生産終了機器情報。「Integra A-1E 」はONKYO(オンキヨー)によるプリメインアンプ。1992年に税別18万円で発売されました。
薄型でスタイリッシュな外観ながらも、クオリティ志向の思想で開発・設計され、高品位素材や高品位パーツを導入して展開されていたQUESTシリーズのプリメインアンプ。
超安定で、理想の動作機能を発揮する増幅回路、音質劣化を解消した画期的な出力バイアス温度補償回路を新搭載(もちろん当時として)、高品質のためにあえて量産性にこだわらない設計を導入、高剛性・非磁性体のオールアルミ押し出し成型モノコックシャーシを採用するなどの特徴。
トロイダル型の高効率特性を生かした小型・大容量、低リーケージフラックス特性を実現した新開発のトロイダル型LASERトランスを搭載しているのもポイント。
量より質のような雰囲気を持っていますが、意外にも、Pc=80Wのトランジスターをパラレルで使用、さらに、120W/chクラスのトランスを使用した強力な電源部をもっているため、薄型でも十分な駆動力とパワーを持っています(プリメインアンプ+ONKYO)。
おもな仕様など
●定格出力 50W+50W(8Ω)85W+85W(4Ω)
●消費電力(電気用品取締法規格) 155W
●外形寸法 幅435×高さ85×奥行374mm ●重量 9.1kg
ヘッドホン出力搭載
トーンコントロール類は非搭載
リモコン非対応
オンキョーの薄型プリメインアンプはこのあと2000年代にはD級動作を採用したA-1VLなども登場。音質面での評価も上々で、オンキヨーの得意分野になるかと思われましたが、マランツの薄型コンポが結局、薄型コンポの代表格となり、オンキヨーのこの路線は2010年代以降は継承されませんでした。
とはいえ、本機は単体で見ると、薄型のアナログプリメインアンプとして今日でも十分に通用しそうな内容であり、まるで海外製アンプのような上質で上品な外観も相まって、中古でなければ入手できない名機のひとつと言えるでしょう。

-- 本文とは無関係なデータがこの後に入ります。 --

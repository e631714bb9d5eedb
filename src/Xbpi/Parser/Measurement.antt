-- ===== src/Xbpi/Parser/Measurement.antt =====
-- The short measurement body, by its packed fields.
use Prim.Native.Nat.{bit_and}
use sartoriuslib.Prelude.{
  ℕ, ◌+◌, ◌*◌, ◌/◌, ◌%◌, ◌<◌, ◌≡◌, refl, ◌↔◌, none, some, [], ◌∷◌, true, false, arith, ◌==◌,
  if◌then◌else◌,
}
use sartoriuslib.Prelude.Bytes.{Bytes, bytes_eq_iff}
use sartoriuslib.Prelude.Float32.{unpack_float32}
use sartoriuslib.Prelude.Masks.{mask_0f, mask_3f, mask_c0, mask_40}
use sartoriuslib.Registry.Units.{Sign, lookup_code}
use sartoriuslib.Errors.Result.{ok}
use sartoriuslib.Xbpi.Types.{MeasurementBody}
use sartoriuslib.Xbpi.Units.{decode_decimals, decode_sign, decode_unit, unit_id_table, or_unknown}
use sartoriuslib.Xbpi.Parser.{
  decode_measurement_body, is_status_block_body, off_scale_sentinel, has_bit,
}

-- Byte [5]: the decimals above a nibble that is ignored.
decode_decimals-pack :
    (decimals low : ℕ) → decimals < 16 → low < 16 → decode_decimals (decimals * 16 + low) ≡ decimals
unfolding decode_decimals
decode_decimals-pack decimals low h k =
    let shifted : (decimals * 16 + low) / 16 ≡ decimals = omega arith in
    rw shifted (omega (arith, mask_0f decimals (omega arith)))

-- The sign that each value of the two bits stands for.
abbrev pub sign_of_bits : ℕ → Sign
sign_of_bits s =
    if s == 0
    then Sign.zero
    else if s == 1
    then Sign.positive
    else if s == 2
    then Sign.negative
    else Sign.unknown

-- Byte [6]: two sign bits above six bits of unit.
decode_sign-pack : (s u : ℕ) → s < 4 → u < 64 → decode_sign (s * 64 + u) ≡ sign_of_bits s
unfolding decode_sign
decode_sign-pack s u h k = ground (arith, mask_c0 (s * 64 + u))

decode_unit-pack :
    (s u : ℕ) → s < 4 → u < 64 → decode_unit (s * 64 + u) ≡ or_unknown (lookup_code unit_id_table u)
unfolding decode_unit
decode_unit-pack s u h k =
    let once : bit_and (s * 64 + u) 0x3f ≡ u = omega (arith, mask_3f (s * 64 + u) (omega arith)) in
    let again : bit_and u 0x3f ≡ u = omega (arith, mask_3f u (omega arith)) in rw (once, again)

has_bit_40 : (x : ℕ) → x < 256 → has_bit x 0x40 ≡ (x / 64 % 2 == 1)
has_bit_40 x h = ground (arith, mask_40 x)

-- An eight-byte body, given by its four value bytes, the aux byte, the decimals with the nibble beside them, the
-- sign bits with the unit bits, and the flags, decodes to just these parts, with the unit byte and the body as
-- they were. The value is missing exactly when the first five bytes are the off-scale sentinel, and otherwise it
-- is the number in the first four.
pub decode_measurement_body-pack :
    (b0 b1 b2 b3 aux decimals low s u flags : ℕ)
    → decimals < 16
    → low < 16
    → s < 4
    → u < 64
    → flags < 256
    → (m : MeasurementBody) × (decode_measurement_body
          (b0 ∷ b1 ∷ b2 ∷ b3 ∷ aux ∷ (decimals * 16 + low) ∷ (s * 64 + u) ∷ flags ∷ [])
        ≡ ok m)
      × (m.raw ≡ b0 ∷ b1 ∷ b2 ∷ b3 ∷ aux ∷ (decimals * 16 + low) ∷ (s * 64 + u) ∷ flags ∷ [])
      × (m.aux ≡ aux)
      × (m.unit_raw ≡ s * 64 + u)
      × (m.flags ≡ flags)
      × (m.decimals ≡ decimals)
      × (m.sign ≡ sign_of_bits s)
      × (m.unit ≡ or_unknown (lookup_code unit_id_table u))
      × (m.stable ≡ (flags / 64 % 2 == 1))
      × ((m.off_scale ≡ true) ↔ (b0 ∷ b1 ∷ b2 ∷ b3 ∷ aux ∷ [] ≡ off_scale_sentinel))
      × (m.value ≡ (if m.off_scale then none else some (unpack_float32 (b0 ∷ b1 ∷ b2 ∷ b3 ∷ []))))
unfolding decode_measurement_body
decode_measurement_body-pack b0 b1 b2 b3 aux decimals low s u flags hd hl hs hu hf = (
  _,
  refl,
  refl,
  refl,
  refl,
  refl,
  decode_decimals-pack decimals low hd hl,
  decode_sign-pack s u hs hu,
  decode_unit-pack s u hs hu,
  has_bit_40 flags hf,
  bytes_eq_iff (b0 ∷ b1 ∷ b2 ∷ b3 ∷ aux ∷ []) off_scale_sentinel,
  refl,
)

-- A body that looks like a status block is never read as an off-scale measurement.
pub status_block-off_scale :
    (raw : Bytes) (m : MeasurementBody)
    → is_status_block_body raw ≡ true
    → decode_measurement_body raw ≡ ok m
    → m.off_scale ≡ false
unfolding is_status_block_body decode_measurement_body
status_block-off_scale (b0 ∷ b1 ∷ b2 ∷ b3 ∷ b4 ∷ b5 ∷ b6 ∷ b7 ∷ []) m h e = ground arith
status_block-off_scale raw m h e = ground arith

物量的には2021年現在、同様のモデルを作るとなると30万円は超えそうな内容です。オールアルミ押し出し成型モノコックシャーシなど、現在ではこの価格では望みえないでしょう。
音質的には低歪みで鮮度の高いピュアなサウンドのようで、当時としても今日でもなかなかないような意外なくらいの実力派のようです。当時のオンキヨーは高級ミニコンポも含めて、上品な音であったことも思い出します。本機の音に関するオンキヨー自身の宣伝文句は「こだわれば、透明な音が見える。」でした。
1994年にスピーカー端子やコンデンサーの一部を変更したVer.2モデルが出ますが、初期型の本機のほうが音質は良かったという意見もあります。
古いモデルですので、レビュー情報はなかなかありませんが、それでもアマゾンの製品ページになかなか詳しいレビューを載せている人がいます。
中古相場としては3~4万円くらいで入手したいところ。修理やメンテナンスを現在のオンキヨーが受け付けてくれるかは不明ですが、オンキヨーの今後の状況(シャープなどへの譲渡)からするに、あまり期待はできないでしょう。